Use the previous angle to straighten the image. At this time OCR is possible, but you would lose the spatial information for the blocks of text, which will make the post-processing much more difficult than it needs to be. Instead, find blobs of text by horizontal closing.
For each connected component, query for the bounding box position and the centroid position. Use the bounding box positions to extract the corresponding image patch and perform OCR on the patch.
At this point, you have a list of strings and their spatial positions. That's not XML yet, but it sounds like a good starting point to be tailored straightforwardly to your needs.
This is the code. Again, the parameters (structuring elements) of the morphological functions may need to change, based on the scale of your actual images; also, if the invoice is too tilted, you may need to "rotate" roughly the structuring elements in order to still achieve good "un-skewing."
img = ColorConvert[Import#"http://www.team-bhp.com/forum/attachments/test-drives-initial-ownership-reports/490952d1296308008-laura-tsi-initial-ownership-experience-img023.jpg", "Grayscale"];
b = ColorNegate#Binarize[img];
mask = Closing[b, BoxMatrix[{2, 20}]]
orientations = ComponentMeasurements[mask, "Orientation"];
angles = FindClusters#orientations[[All, 2]]
\[Theta] = Mean[angles[[1]]]
straight = ColorNegate#Binarize[ImageRotate[img, \[Pi] - \[Theta], Background -> 1]]
TextRecognize[straight]
boxes = Closing[straight, BoxMatrix[{1, 20}]]
comp = MorphologicalComponents[boxes];
measurements = ComponentMeasurements[{comp, straight}, {"BoundingBox", "Centroid"}];
texts = TextRecognize#ImageTrim[straight, #] & /# measurements[[All, 2, 1]];
Cases[Thread[measurements[[All, 2, 2]] -> texts], (_ -> t_) /; StringLength[t] > 0] // TableForm
The paper we use for skew angle detection is: Skew detection and text line position determination in digitized documents by Gatos et. al. The only limitation with this paper is that it can detect skew upto -5 and +5 degrees. After that, we need something to slap the user with a message! :)
In your case, where there are primarily invoice scans, you may beautifully use: Multiresolution Analysis in Extraction of Reference Lines from Documents with Gray Level Background by Tag et. al.
We wrote the code in MATLAB, if you need help let me know!
I worked on a similar project once, and for being a long time user of OpenCV I ended up using it once again. OpenCV is a popular-cross-platform-computer-vision-library that offers programming interfaces for C and C++.

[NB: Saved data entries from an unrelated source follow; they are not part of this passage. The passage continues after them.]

-- ===== src/Startup/Tests.antt =====
-- The theorems on the processes at a few runs.
use account_service.Common.{◌≡◌, refl, true, false, List, [], ◌∷◌}
use account_service.Startup.{api, worker, Signal, ready, close, redis_error, elapse, life}
use account_service.Startup.Outage.{ends_process, life-ends_process}

-- Redis is ready after a second, and away for twice twenty seconds.
abbrev two_short_outages : List Signal
two_short_outages =
    elapse 1000
    ∷ ready
    ∷ close
    ∷ elapse 20000
    ∷ ready
    ∷ close
    ∷ redis_error
    ∷ elapse 20000
    ∷ ready
    ∷ []

goes_on : (life worker (elapse 500 ∷ []) two_short_outages).exited ≡ false
unfolding life
goes_on = refl

ends_in_an_outage : (life api (elapse 500 ∷ []) (ready ∷ close ∷ elapse 30000 ∷ [])).exited ≡ true
unfolding life
ends_in_an_outage = refl

life-ends_process_example :
    (life worker (elapse 500 ∷ []) two_short_outages).exited
    ≡ ends_process worker (elapse 500 ∷ []) two_short_outages
life-ends_process_example = life-ends_process worker (elapse 500 ∷ []) two_short_outages
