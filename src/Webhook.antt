-- ===== src/Webhook.antt =====
-- libs/common/src/services/provider-webhook.service.ts: the health checks of the provider's webhook.
pub mod Counters
pub mod Timers
mod Tests
use account_service.Common.{
  ℕ, ◌+◌, ◌-◌, ◌*◌, ◌^◌, min, String, Bool, true, false, List, [], ◌∷◌, ◌++◌, ltb, leb,
  if◌then◌else◌,
}
use account_service.Js.{Outcome, resolved, rejected, catch}
use account_service.Scheduler.{Scheduler}

abbrev pub health_check_timeout_name : String
health_check_timeout_name = "health_check"

-- The settings that the checks read from the config service.
pub record WebhookConfig : Type 0 where
  pub health_check_max_retries : ℕ
  pub health_check_max_retry_interval_seconds : ℕ
  pub health_check_success_threshold : ℕ
  pub webhook_retry_interval_seconds : ℕ

-- `time-constants`
abbrev pub milliseconds_per_second : ℕ
milliseconds_per_second = 1000

module _ (S : Scheduler) where
  -- The service, the registry that it shares, and the events that it has emitted, oldest first.
  pub record WebhookService : Type 0 where
    pub failed_health_checks : ℕ
    pub successful_health_checks : ℕ
    pub registry : S.State
    pub emitted : List String

  pub emit : String → WebhookService → WebhookService
  emit event w = record w { emitted = w.emitted ++ (event ∷ []) }

  -- The answer to `GET /health` is a parameter: any status that axios does not accept rejects.
  pub count_response : Outcome (Unit {0}) → WebhookService → WebhookService
  count_response (resolved u) w = record w {
    successful_health_checks = w.successful_health_checks + 1;
    failed_health_checks = 0;
  }
  count_response (rejected e) w = record w {
    successful_health_checks = 0;
    failed_health_checks = w.failed_health_checks + 1;
  }

  -- `addTimeout(HEALTH_CHECK_TIMEOUT_NAME, setTimeout(() => checkProviderWebhook(), delay))`
  pub add_check : ℕ → WebhookService → Outcome (Unit {0}) × WebhookService
  add_check delay w = elim (S.add_timeout w.registry health_check_timeout_name delay) [
    | rejected e ↦ (rejected e, w)
    | resolved registry ↦ (resolved tt, record w { registry = registry })
  ]

  -- `deleteTimeout` and `addTimeout` of a branch that goes on checking.
  pub reschedule : ℕ → WebhookService → Outcome (Unit {0}) × WebhookService
  unfolding add_check
  reschedule delay w = elim (S.delete_timeout w.registry health_check_timeout_name) [
    | rejected e ↦ (rejected e, w)
    | resolved registry ↦ add_check delay (record w { registry = registry })
  ]

  -- `2 ** (failed - 1)` seconds, capped, in milliseconds.
  pub backoff : WebhookConfig → ℕ → ℕ
  backoff c failed =
      min (2 ^ (failed - 1) * milliseconds_per_second)
        (c.health_check_max_retry_interval_seconds * milliseconds_per_second)

  pub after_response : WebhookConfig → WebhookService → Outcome (Unit {0}) × WebhookService
  after_response c w =
      if ltb 0 w.failed_health_checks
      then (if leb c.health_check_max_retries w.failed_health_checks
          then (resolved tt, emit "shutdown" w)
          else reschedule (backoff c w.failed_health_checks) w)
      else if ltb 0 w.successful_health_checks
      then (if leb c.health_check_success_threshold w.successful_health_checks
          then (resolved tt, emit "webhook.healthy" w)
          else reschedule c.webhook_retry_interval_seconds w)
      else (resolved tt, w)

  pub check_provider_webhook :
      WebhookConfig → Outcome (Unit {0}) → WebhookService → Outcome (Unit {0}) × WebhookService
  check_provider_webhook c answer w = after_response c (count_response answer w)

  -- The handler of `webhook.unhealthy`.
  pub start_webhook_health_check : WebhookService → Outcome (Unit {0}) × WebhookService
  start_webhook_health_check w =
      add_check 0 (record w { failed_health_checks = 0; successful_health_checks = 0 })

  pub delete_or_ignore : WebhookService → WebhookService
  delete_or_ignore w = elim (S.delete_timeout w.registry health_check_timeout_name) [
    | rejected e ↦ w
    | resolved registry ↦ record w { registry = registry }
  ]

  unfoldable pub on_module_destroy : WebhookService → WebhookService
  on_module_destroy w =
      if S.does_exist w.registry health_check_timeout_name then delete_or_ignore w else w
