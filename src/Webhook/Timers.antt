-- ===== src/Webhook/Timers.antt =====
-- The timeout under which the next health check waits.
use account_service.Common.{ℕ, ◌≡◌, ◌∙◌, none, some, string_eq, ==_refl}
use account_service.Js.{resolved, rejected, Throwable}
use account_service.Scheduler.{Scheduler, IsScheduler}
use account_service.Webhook.{WebhookService, health_check_timeout_name, add_check, reschedule}

module _ (S : Scheduler) where
  -- A check is registered under the timeout's name, with this delay.
  abbrev pub Waits : S.State → ℕ → Type 0
  Waits r delay = S.timeout r health_check_timeout_name ≡ some delay

  abbrev pub Idle : S.State → Type 0
  Idle r = S.timeout r health_check_timeout_name ≡ none

  module _ (L : IsScheduler S) where
    pub add_check_lem :
        (delay : ℕ) (w : WebhookService S)
        → Idle w.registry
        → (r : S.State) × (add_check S delay w ≡ (resolved tt, record w { registry = r }))
          × Waits r delay
    unfolding add_check
    add_check_lem delay w idle =
        let (r, e, at) = L.add_fresh w.registry health_check_timeout_name delay idle in
        (
          r,
          rw (e, add_check),
          at health_check_timeout_name ∙ rw (==_refl health_check_timeout_name),
        )

    pub reschedule_lem :
        (delay old : ℕ) (w : WebhookService S)
        → Waits w.registry old
        → (r : S.State) × (reschedule S delay w ≡ (resolved tt, record w { registry = r }))
          × Waits r delay
    unfolding reschedule
    reschedule_lem delay old w waits =
        let (r, e, at) = L.delete_present w.registry health_check_timeout_name old waits in
        let idle : Idle r = at health_check_timeout_name ∙ rw (==_refl health_check_timeout_name) in
        let (r', e', waits') = add_check_lem delay (record w { registry = r }) idle in
        (r', rw (e, reschedule) e', waits')

    -- A second `webhook.unhealthy` is refused while the name of the first is registered.
    pub add_check_taken :
        (delay old : ℕ) (w : WebhookService S)
        → Waits w.registry old
        → (e : Throwable) × (add_check S delay w ≡ (rejected e, w))
    unfolding add_check
    add_check_taken delay old w waits =
        let (e, p) = L.add_taken w.registry health_check_timeout_name delay old waits in
        (e, rw (p, add_check))
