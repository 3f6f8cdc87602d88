-- ===== src/Webhook/Counters.antt =====
-- Runs of health checks: how many failures shut the worker down, how many successes resume it.
use account_service.Common.{
  ℕ, zero, suc, ◌+◌, ◌≤◌, ◌<◌, ◌≡◌, ◌*◌, ◌^◌, ◌-◌, min, replicate, refl, ap, ◌∙◌, List, [], ◌∷◌,
  ◌++◌, map, length, arith,
}
use account_service.Js.{Outcome, resolved, rejected, Throwable}
use account_service.Scheduler.{Scheduler, IsScheduler}
use account_service.Webhook.{
  WebhookConfig, WebhookService, emit, count_response, backoff, after_response,
  check_provider_webhook, start_webhook_health_check,
}
use account_service.Webhook.Timers.{Waits, reschedule_lem, add_check_taken}

-- The checks that the timeouts run, one for each answer of the provider.
pub checks :
    (S : Scheduler)
    → WebhookConfig
    → List (Outcome (Unit {0}))
    → WebhookService S
    → WebhookService S
checks S c [] w = w
checks S c (answer ∷ answers) w = checks S c answers (check_provider_webhook S c answer w).1

module _ (S : Scheduler) (L : IsScheduler S) (c : WebhookConfig) where
  -- What one check leaves when it goes on checking.
  abbrev GoesOn : ℕ → ℕ → ℕ → WebhookService S → Outcome (Unit {0}) × WebhookService S → Type 0
  GoesOn failed successful delay w out =
      (out.0 ≡ resolved tt)
      × (out.1.failed_health_checks ≡ failed)
      × (out.1.successful_health_checks ≡ successful)
      × (out.1.emitted ≡ w.emitted)
      × Waits S out.1.registry delay

  check-failure :
      (e : Throwable) (w : WebhookService S) (old : ℕ)
      → Waits S w.registry old
      → w.failed_health_checks + 1 < c.health_check_max_retries
      → GoesOn
          (w.failed_health_checks + 1)
          0
          (backoff S c (w.failed_health_checks + 1))
          w
          (check_provider_webhook S c (rejected e) w)
  unfolding check_provider_webhook after_response count_response
  check-failure e w old waits h =
      let w' = count_response S (rejected e) w in
      let (r, p, q) = reschedule_lem S L (backoff S c (w.failed_health_checks + 1)) old w' waits in
      ground (arith)

  check-success :
      (w : WebhookService S) (old : ℕ)
      → Waits S w.registry old
      → w.successful_health_checks + 1 < c.health_check_success_threshold
      → GoesOn 0
          (w.successful_health_checks + 1)
          c.webhook_retry_interval_seconds
          w
          (check_provider_webhook S c (resolved tt) w)
  unfolding check_provider_webhook after_response count_response
  check-success w old waits h =
      let w' = count_response S (resolved tt) w in
      let (r, p, q) = reschedule_lem S L c.webhook_retry_interval_seconds old w' waits in
      ground arith

  -- Failures in a row, fewer than the limit: the worker goes on, and says nothing.
  failures_below :
      (es : List Throwable) (w : WebhookService S) (old : ℕ)
      → Waits S w.registry old
      → w.failed_health_checks + length es < c.health_check_max_retries
      → let w' = checks S c (map rejected es) w in
        (w'.failed_health_checks ≡ w.failed_health_checks + length es)
        × (w'.emitted ≡ w.emitted)
        × ((delay : ℕ) × Waits S w'.registry delay)
  unfolding checks
  failures_below [] w old waits h = (omega arith, refl, (old, waits))
  failures_below (e ∷ es) w old waits h =
      let (_, failed, _, quiet, waits') = check-failure e w old waits (omega arith) in
      let (failed', quiet', later) =
        failures_below es (check_provider_webhook S c (rejected e) w).1 _ waits' (omega arith) in
      (omega arith, quiet' ∙ quiet, later)

  check-last_failure :
      (e : Throwable) (w : WebhookService S)
      → c.health_check_max_retries ≤ w.failed_health_checks + 1
      → check_provider_webhook S c (rejected e) w
        ≡ (resolved tt, emit S "shutdown" (count_response S (rejected e) w))
  unfolding check_provider_webhook after_response count_response
  check-last_failure e w h = ground arith

  checks-append :
      (xs ys : List (Outcome (Unit {0}))) (w : WebhookService S)
      → checks S c (xs ++ ys) w ≡ checks S c ys (checks S c xs w)
  unfolding checks
  checks-append [] ys w = refl
  checks-append (x ∷ xs) ys w = checks-append xs ys (check_provider_webhook S c x w).1

  -- While a check is registered and no failure is counted, `health_check_max_retries` failures in a
  -- row emit `shutdown`, and no event comes before it.
  pub failures_shutdown :
      (es : List Throwable) (e : Throwable) (w : WebhookService S) (old : ℕ)
      → w.failed_health_checks ≡ 0
      → Waits S w.registry old
      → length es + 1 ≡ c.health_check_max_retries
      → ((checks S c (map rejected es) w).emitted ≡ w.emitted)
        × ((checks S c (map rejected es ++ (rejected e ∷ [])) w).emitted
            ≡ w.emitted ++ ("shutdown" ∷ []))
  unfolding checks emit count_response
  failures_shutdown es e w old zeroed waits h =
      let (failed, quiet, _) = failures_below es w old waits (omega arith) in
      let w' = checks S c (map rejected es) w in
      (
        quiet,
        rw (checks-append (map rejected es) (rejected e ∷ []) w) (
            rw (check-last_failure e w' (omega arith), checks)
              (ap (λ xs. xs ++ ("shutdown" ∷ [])) quiet)),
      )

  successes_below :
      (n : ℕ) (w : WebhookService S) (old : ℕ)
      → Waits S w.registry old
      → w.successful_health_checks + n < c.health_check_success_threshold
      → let w' = checks S c (replicate n (resolved tt)) w in
        (w'.successful_health_checks ≡ w.successful_health_checks + n)
        × (w'.emitted ≡ w.emitted)
        × ((delay : ℕ) × Waits S w'.registry delay)
  unfolding checks
  successes_below zero w old waits h = (omega arith, refl, (old, waits))
  successes_below (suc n) w old waits h =
      let (_, _, successful, quiet, waits') = check-success w old waits (omega arith) in
      let (successful', quiet', later) =
        successes_below n (check_provider_webhook S c (resolved tt) w).1 _ waits' (omega arith) in
      (omega arith, quiet' ∙ quiet, later)

  check-last_success :
      (w : WebhookService S)
      → c.health_check_success_threshold ≤ w.successful_health_checks + 1
      → check_provider_webhook S c (resolved tt) w
        ≡ (resolved tt, emit S "webhook.healthy" (count_response S (resolved tt) w))
  unfolding check_provider_webhook after_response count_response
  check-last_success w h = ground arith

  -- While a check is registered and no success is counted, exactly
  -- `health_check_success_threshold` successes in a row are needed: one fewer emits nothing, the last
  -- one emits `webhook.healthy`. The check's timeout is then still registered.
  pub successes_healthy :
      (n : ℕ) (w : WebhookService S) (old : ℕ)
      → w.successful_health_checks ≡ 0
      → Waits S w.registry old
      → n + 1 ≡ c.health_check_success_threshold
      → let w' = checks S c (replicate n (resolved tt) ++ (resolved tt ∷ [])) w in
        ((checks S c (replicate n (resolved tt)) w).emitted ≡ w.emitted)
        × (w'.emitted ≡ w.emitted ++ ("webhook.healthy" ∷ []))
        × ((delay : ℕ) × Waits S w'.registry delay)
  unfolding checks emit count_response
  successes_healthy n w old zeroed waits h =
      let (successful, quiet, later) = successes_below n w old waits (omega arith) in
      let w' = checks S c (replicate n (resolved tt)) w in
      let joined = checks-append (replicate n (resolved tt)) (resolved tt ∷ []) w in
      let last = check-last_success w' (omega arith) in
      (
        quiet,
        rw joined (rw (last, checks) (ap (λ xs. xs ++ ("webhook.healthy" ∷ [])) quiet)),
        rw joined (rw (last, checks) later),
      )

  -- After the successes in a row that emit `webhook.healthy`, the next `webhook.unhealthy` is refused:
  -- its timeout has the name of the one before. The registry is as it was, so no check is scheduled.
  pub restart_after_healthy :
      (n : ℕ) (w : WebhookService S) (old : ℕ)
      → w.successful_health_checks ≡ 0
      → Waits S w.registry old
      → n + 1 ≡ c.health_check_success_threshold
      → let w' = checks S c (replicate n (resolved tt) ++ (resolved tt ∷ [])) w in
        (e : Throwable) × ((start_webhook_health_check S w').0 ≡ rejected e)
        × ((start_webhook_health_check S w').1.registry ≡ w'.registry)
  unfolding start_webhook_health_check
  restart_after_healthy n w old zeroed waits h =
      let (_, _, (delay, still)) = successes_healthy n w old zeroed waits h in
      let w' = checks S c (replicate n (resolved tt) ++ (resolved tt ∷ [])) w in
      let (e, p) =
        add_check_taken S L 0 delay
          (record w' { failed_health_checks = 0; successful_health_checks = 0 }) still in
      (e, rw p, rw p)

  -- While a check is registered and neither limit is reached by the next answer, a check is scheduled
  -- after a failure with the exponential delay, capped by the configured number of seconds, and after
  -- a success with a delay of as many milliseconds as the configuration names seconds.
  pub check_delay :
      (answer : Outcome (Unit {0})) (w : WebhookService S) (old : ℕ)
      → Waits S w.registry old
      → w.failed_health_checks + 1 < c.health_check_max_retries
      → w.successful_health_checks + 1 < c.health_check_success_threshold
      → Waits S (check_provider_webhook S c answer w).1.registry (elim answer [
        | resolved u ↦ c.webhook_retry_interval_seconds
        | rejected e ↦
            min
              (2 ^ w.failed_health_checks * 1000)
              (c.health_check_max_retry_interval_seconds * 1000)
      ])
  unfolding backoff
  check_delay (resolved tt) w old waits few few' = (check-success w old waits few').4
  check_delay (rejected e) w old waits few few' =
      let shift : w.failed_health_checks + 1 - 1 ≡ w.failed_health_checks = omega arith in
      rw shift at ((check-failure e w old waits few).4)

I found an interesting blog that had a post on how to detect the skew angle of a text using OpenCV, and then another on how to deskew.
To retrieve the text of the document and be able to pass a smaller image to tesseract, I suggest taking a look at the bounding box technique.
I don't know if the image acquisition procedure is your responsibility, but if it is you might want to take a look at how to do camera calibration with OpenCV to fix the distortion in the image caused by some camera lenses.